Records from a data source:

..........

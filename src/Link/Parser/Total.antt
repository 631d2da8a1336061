-- ===== src/Link/Parser/Total.antt =====
-- The parser's loops end, the parser can always be given more bytes, and each frame that it passes on
-- is well formed.
use dnp.Prelude.{
  ℕ, zero, suc, ◌-◌, ◌≤◌, ◌<◌, ◌≡◌, ◌≢◌, refl, ◌∙◌, ◌⊎◌, inl, inr, Bool, true, false, some, List,
  [], ◌∷◌, if◌then◌else◌, arith, length, drop, All, Bool-cases, length-write_at, length-take,
  All-take, All-drop,
}
use dnp.Link.Function.{
  LinkFunction, is_user_data, pri_reset_link_states, pri_test_link_states, pri_confirmed_user_data,
  pri_unconfirmed_user_data, pri_request_link_status, sec_ack, sec_nack, sec_link_status,
  sec_not_supported, invalid,
}
use dnp.Link.Header.{LinkHeaderFields, header_fields, get_func_enum, is_pri_to_sec}
use dnp.Link.Validation.{
  validate_function_code, validate_payload, valid_pri_function, valid_sec_function,
}
use dnp.Link.Buffer.{
  ShiftableBuffer, num_bytes_read, num_write_bytes, read_buffer, advance_read, advance_write, shift,
}
use dnp.Link.Parser.{
  State, find_sync, read_header_state, read_body, complete, LinkLayerParser, parse_one_step,
  state_eq, parse_until_complete, pushed_frame, push_frame, push_frames, on_read, receive, fill,
  step_fuel, frame_fuel,
}
use dnp.Link.Parser.Invariant.{
  Byte, BufferOk, Framed, Sound, rank, measure, Waiting, parse_one_step-Stepped, write_at-Byte,
  frame_size-bounds,
}

state_eq-true : (s t : State) → state_eq s t ≡ true → s ≡ t
state_eq-true find_sync find_sync h = refl
state_eq-true find_sync read_header_state h = cc
state_eq-true find_sync read_body h = cc
state_eq-true find_sync complete h = cc
state_eq-true read_header_state find_sync h = cc
state_eq-true read_header_state read_header_state h = refl
state_eq-true read_header_state read_body h = cc
state_eq-true read_header_state complete h = cc
state_eq-true read_body find_sync h = cc
state_eq-true read_body read_header_state h = cc
state_eq-true read_body read_body h = refl
state_eq-true read_body complete h = cc
state_eq-true complete find_sync h = cc
state_eq-true complete read_header_state h = cc
state_eq-true complete read_body h = cc
state_eq-true complete complete h = refl

-- Where `ParseUntilComplete` stops.
record Stopped (p p' : LinkLayerParser) : Type 0 where
  sound : Sound p'.state p'
  waiting : Waiting p'.state p'
  fewer : num_bytes_read p'.buffer ≤ num_bytes_read p.buffer

until_stops :
    (fuel : ℕ) (p : LinkLayerParser)
    → Sound p.state p
    → measure p.state p < fuel
    → (p' : LinkLayerParser) × (parse_until_complete fuel p ≡ some p') × Stopped p p'
unfolding parse_until_complete
until_stops zero p v h = absurd (omega arith)
until_stops (suc fuel) p v h =
    let r = parse_one_step-Stepped p v in
    let ih = λ (le : measure (parse_one_step p).state (parse_one_step p) < fuel).
      until_stops fuel (parse_one_step p) r.sound le in
    elim (Bool-cases (state_eq (parse_one_step p).state p.state)) [
      | inl same ↦ (
        parse_one_step p,
        rw same,
        record { sound = r.sound; waiting = r.ends same; fewer = r.fewer },
      )
      | inr other ↦
          let (p', e, t) = ih (omega (arith, r.falls other)) in
          (
            p',
            rw other e,
            record {
              sound = t.sound;
              waiting = t.waiting;
              fewer = omega (arith, t.fewer, r.fewer);
            },
          )
    ]

-- The flags that each function requires: FCV exactly for those that count frames, and no FCB from the
-- secondary station.
abbrev pub FlagsOk : LinkFunction → LinkHeaderFields → Type 0
FlagsOk pri_confirmed_user_data f = f.fcvdfc ≡ true
FlagsOk pri_test_link_states f = f.fcvdfc ≡ true
FlagsOk pri_unconfirmed_user_data f = f.fcvdfc ≡ false
FlagsOk pri_reset_link_states f = f.fcvdfc ≡ false
FlagsOk pri_request_link_status f = f.fcvdfc ≡ false
FlagsOk sec_ack f = f.fcb ≡ false
FlagsOk sec_nack f = f.fcb ≡ false
FlagsOk sec_link_status f = f.fcb ≡ false
FlagsOk sec_not_supported f = f.fcb ≡ false
FlagsOk invalid f = ⊥

-- A payload of 1 to 250 bytes goes with the functions that carry user data, and with no other.
abbrev pub PayloadOk : LinkFunction → List ℕ → Type 0
PayloadOk f data' =
    ((is_user_data f ≡ true) × (0 < length data') × (length data' ≤ 250))
    ⊎ ((is_user_data f ≡ false) × (length data' ≡ 0))

pub record WellFormed (frame : LinkHeaderFields × List ℕ) : Type 0 where
  pub flags : FlagsOk frame.0.func frame.0
  pub payload : PayloadOk frame.0.func frame.1
  pub addresses : (frame.0.dest < 65536) × (frame.0.src < 65536)

flags_of_valid :
    (func : LinkFunction) (h : LinkHeaderFields) (pri : Bool)
    → (if pri then valid_pri_function func h.fcvdfc else valid_sec_function func h.fcb) ≡ true
    → FlagsOk func h
flags_of_valid pri_confirmed_user_data h pri e = ground arith
flags_of_valid _ h pri e = ground arith

pushed_frame-WellFormed :
    (p : LinkLayerParser)
    → Framed p
    → length p.user_data ≡ p.header.length - 5
    → WellFormed (pushed_frame p)
unfolding pushed_frame header_fields
pushed_frame-WellFormed p f e = record {
  flags =
      flags_of_valid (get_func_enum p.header) (header_fields p.header) (is_pri_to_sec p.header)
        (unfold validate_function_code in f.accepted);
  payload = unfold validate_payload in ground (arith, f.payload, f.low, f.high);
  addresses = f.addresses;
}

push_frame-Sound :
    (p : LinkLayerParser)
    → BufferOk p.buffer
    → Framed p
    → p.frame_size ≤ num_bytes_read p.buffer
    → Sound find_sync (push_frame p)
      × (num_bytes_read (push_frame p).buffer < num_bytes_read p.buffer)
unfolding push_frame advance_read
push_frame-Sound p v f h = ground (arith, frame_size-bounds p f)

-- The end of the loop of `OnRead`.
record Pushed (p' : LinkLayerParser) (frames : List (LinkHeaderFields × List ℕ)) : Type 0 where
  sound : Sound p'.state p'
  unfinished : p'.state ≢ complete
  waiting : Waiting p'.state p'
  formed : All WellFormed frames

Pushes : ℕ → LinkLayerParser → Type 0
Pushes fuel p =
    (p' : LinkLayerParser) × (frames : List (LinkHeaderFields × List ℕ)) × (push_frames fuel p
      ≡ some (p', frames))
    × Pushed p' frames

Pushes-stop :
    (fuel : ℕ) (p p' : LinkLayerParser)
    → parse_until_complete step_fuel p ≡ some p'
    → state_eq p'.state complete ≡ false
    → Sound p'.state p'
    → Waiting p'.state p'
    → Pushes (suc fuel) p
unfolding Pushes push_frames
Pushes-stop fuel p p' e other v w = (
  p',
  [],
  rw (e, push_frames, other, push_frames) refl,
  record { sound = v; unfinished = λ c. ground (arith, other); waiting = w; formed = tt },
)

Pushes-more :
    (fuel : ℕ) (p p' : LinkLayerParser)
    → parse_until_complete step_fuel p ≡ some p'
    → state_eq p'.state complete ≡ true
    → WellFormed (pushed_frame p')
    → Pushes fuel (push_frame p')
    → Pushes (suc fuel) p
unfolding Pushes push_frames
Pushes-more fuel p p' e done w (p'', frames, rest, r) = (
  p'',
  pushed_frame p' ∷ frames,
  rw (e, push_frames, done, push_frames, rest, push_frames) refl,
  record {
    sound = r.sound;
    unfinished = r.unfinished;
    waiting = r.waiting;
    formed = (w, r.formed);
  },
)

rank-le : (s : State) → rank s ≤ 3
rank-le find_sync = omega arith
rank-le read_header_state = omega arith
rank-le read_body = omega arith
rank-le complete = omega arith

pushes :
    (fuel : ℕ) (p : LinkLayerParser)
    → Sound p.state p
    → num_bytes_read p.buffer < fuel
    → Pushes fuel p
pushes zero p v h = absurd (omega arith)
pushes (suc fuel) p v h =
    let (p', e, t) = until_stops step_fuel p v (omega (arith, v.ok.top, rank-le p.state)) in
    let next =
      λ (v' : Sound find_sync (push_frame p')) (le : num_bytes_read (push_frame p').buffer < fuel).
        pushes fuel (push_frame p') (push_frame-state p' v') le in
    elim (Bool-cases (state_eq p'.state complete)) [
      | inl done ↦
          let (framed, whole, len) = t.sound.ready (state_eq-true p'.state complete done) in
          let (v', fewer) = push_frame-Sound p' t.sound.ok framed whole in
          Pushes-more fuel p p' e done (pushed_frame-WellFormed p' framed len)
            (next v' (omega (arith, fewer, t.fewer)))
      | inr other ↦ Pushes-stop fuel p p' e other t.sound t.waiting
    ]
  where
    push_frame-state :
        (p' : LinkLayerParser)
        → Sound find_sync (push_frame p')
        → Sound (push_frame p').state (push_frame p')
    push_frame-state p' v' = unfold push_frame in v'

-- Where a call of `OnRead` leaves the parser.
pub record Received (p' : LinkLayerParser) (frames : List (LinkHeaderFields × List ℕ))
    : Type 0 where
  pub sound : Sound p'.state p'
  pub unfinished : p'.state ≢ complete
  pub room : 0 < num_write_bytes p'.buffer
  pub formed : All WellFormed frames

shift-BufferOk : (b : ShiftableBuffer) → BufferOk b → BufferOk (shift b)
unfolding shift
shift-BufferOk b v = record {
  bytes =
      write_at-Byte 0 (read_buffer b) b.bytes
        (All-take Byte (num_bytes_read b) (drop b.read_pos b.bytes)
          (All-drop Byte b.read_pos b.bytes v.bytes))
        v.bytes;
  size =
      length-write_at 0 (read_buffer b) b.bytes
        (omega (arith, length-take (num_bytes_read b) (drop b.read_pos b.bytes), v.top, v.size))
      ∙ v.size;
  order = omega arith;
  top = omega (arith, v.top);
}

waiting_room :
    (s : State) (p : LinkLayerParser)
    → Sound s p
    → s ≢ complete
    → Waiting s p
    → num_bytes_read p.buffer < 292
waiting_room find_sync p v c w = omega arith
waiting_room read_header_state p v c w = omega arith
waiting_room read_body p v c w = omega (arith, frame_size-bounds p (v.framed refl), w)
waiting_room complete p v c w = absurd (c refl)

Received-shift :
    (p' : LinkLayerParser) (frames : List (LinkHeaderFields × List ℕ))
    → Pushed p' frames
    → Received (record p' { buffer = shift p'.buffer }) frames
Received-shift p' frames r = record {
  sound = record { ok = ok; framed = framed; ready = λ e. absurd (r.unfinished e) };
  unfinished = r.unfinished;
  room = room;
  formed = r.formed;
}
  where
    ok : BufferOk (shift p'.buffer)
    ok = shift-BufferOk p'.buffer r.sound.ok

    framed : p'.state ≡ read_body → Framed (record p' { buffer = shift p'.buffer })
    framed e = ground (arith, r.sound.framed e)

    room : 0 < num_write_bytes (shift p'.buffer)
    room =
        unfold shift in
        omega (
          arith,
          (shift-BufferOk p'.buffer r.sound.ok).size,
          waiting_room p'.state p' r.sound r.unfinished r.waiting,
        )

-- The parser with the bytes that have arrived.
abbrev arrived : LinkLayerParser → List ℕ → LinkLayerParser
arrived p input =
    let q = fill input p in record q { buffer = advance_write (length input) q.buffer }

arrived-Sound :
    (p : LinkLayerParser) (input : List ℕ)
    → Sound p.state p
    → All Byte input
    → length input ≤ num_write_bytes p.buffer
    → p.state ≢ complete
    → Sound (arrived p input).state (arrived p input)
unfolding fill advance_write
arrived-Sound p input v bytes fits c = record {
  ok = record {
    bytes = write_at-Byte p.buffer.write_pos input p.buffer.bytes bytes v.ok.bytes;
    size =
        length-write_at p.buffer.write_pos input p.buffer.bytes (omega (arith, v.ok.size, v.ok.top))
        ∙ v.ok.size;
    order = omega (arith, v.ok.order);
    top = omega (arith, v.ok.size, v.ok.top);
  };
  framed = λ e. ground (arith, v.framed e);
  ready = λ e. absurd (c e);
}

-- For a parser that satisfies the invariant and has not stopped at a complete frame, and any bytes for
-- which its buffer has room, `OnRead` returns: the loops end within their fuel, the invariant holds
-- again, there is room for at least one more byte, and every frame passed to the sink is well formed.
pub receive-Received :
    (p : LinkLayerParser) (input : List ℕ)
    → Sound p.state p
    → All Byte input
    → length input ≤ num_write_bytes p.buffer
    → p.state ≢ complete
    → (p' : LinkLayerParser) × (frames : List (LinkHeaderFields × List ℕ)) × (receive input p
        ≡ some (p', frames))
      × Received p' frames
unfolding receive Pushes
receive-Received p input v bytes fits c =
    let v' = arrived-Sound p input v bytes fits c in
    let (p', frames, e, r) = pushes frame_fuel (arrived p input) v' (omega (arith, v'.ok.top)) in
    (
      record p' { buffer = shift p'.buffer },
      frames,
      rw (e, on_read) refl,
      Received-shift p' frames r,
    )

..........

What is required: Using the data above, repeat exactly the lines that begin at the line with "waiting_room find_sync p v c w = omega arith" and end at the line with "order = omega (arith, v.ok.order);", both ends included.

Your response:
waiting_room find_sync p v c w = omega arith
waiting_room read_header_state p v c w = omega arith
waiting_room read_body p v c w = omega (arith, frame_size-bounds p (v.framed refl), w)
waiting_room complete p v c w = absurd (c refl)

Received-shift :
    (p' : LinkLayerParser) (frames : List (LinkHeaderFields × List ℕ))
    → Pushed p' frames
    → Received (record p' { buffer = shift p'.buffer }) frames
Received-shift p' frames r = record {
  sound = record { ok = ok; framed = framed; ready = λ e. absurd (r.unfinished e) };
  unfinished = r.unfinished;
  room = room;
  formed = r.formed;
}
  where
    ok : BufferOk (shift p'.buffer)
    ok = shift-BufferOk p'.buffer r.sound.ok

    framed : p'.state ≡ read_body → Framed (record p' { buffer = shift p'.buffer })
    framed e = ground (arith, r.sound.framed e)

    room : 0 < num_write_bytes (shift p'.buffer)
    room =
        unfold shift in
        omega (
          arith,
          (shift-BufferOk p'.buffer r.sound.ok).size,
          waiting_room p'.state p' r.sound r.unfinished r.waiting,
        )

-- The parser with the bytes that have arrived.
abbrev arrived : LinkLayerParser → List ℕ → LinkLayerParser
arrived p input =
    let q = fill input p in record q { buffer = advance_write (length input) q.buffer }

arrived-Sound :
    (p : LinkLayerParser) (input : List ℕ)
    → Sound p.state p
    → All Byte input
    → length input ≤ num_write_bytes p.buffer
    → p.state ≢ complete
    → Sound (arrived p input).state (arrived p input)
unfolding fill advance_write
arrived-Sound p input v bytes fits c = record {
  ok = record {
    bytes = write_at-Byte p.buffer.write_pos input p.buffer.bytes bytes v.ok.bytes;
    size =
        length-write_at p.buffer.write_pos input p.buffer.bytes (omega (arith, v.ok.size, v.ok.top))
        ∙ v.ok.size;
    order = omega (arith, v.ok.order);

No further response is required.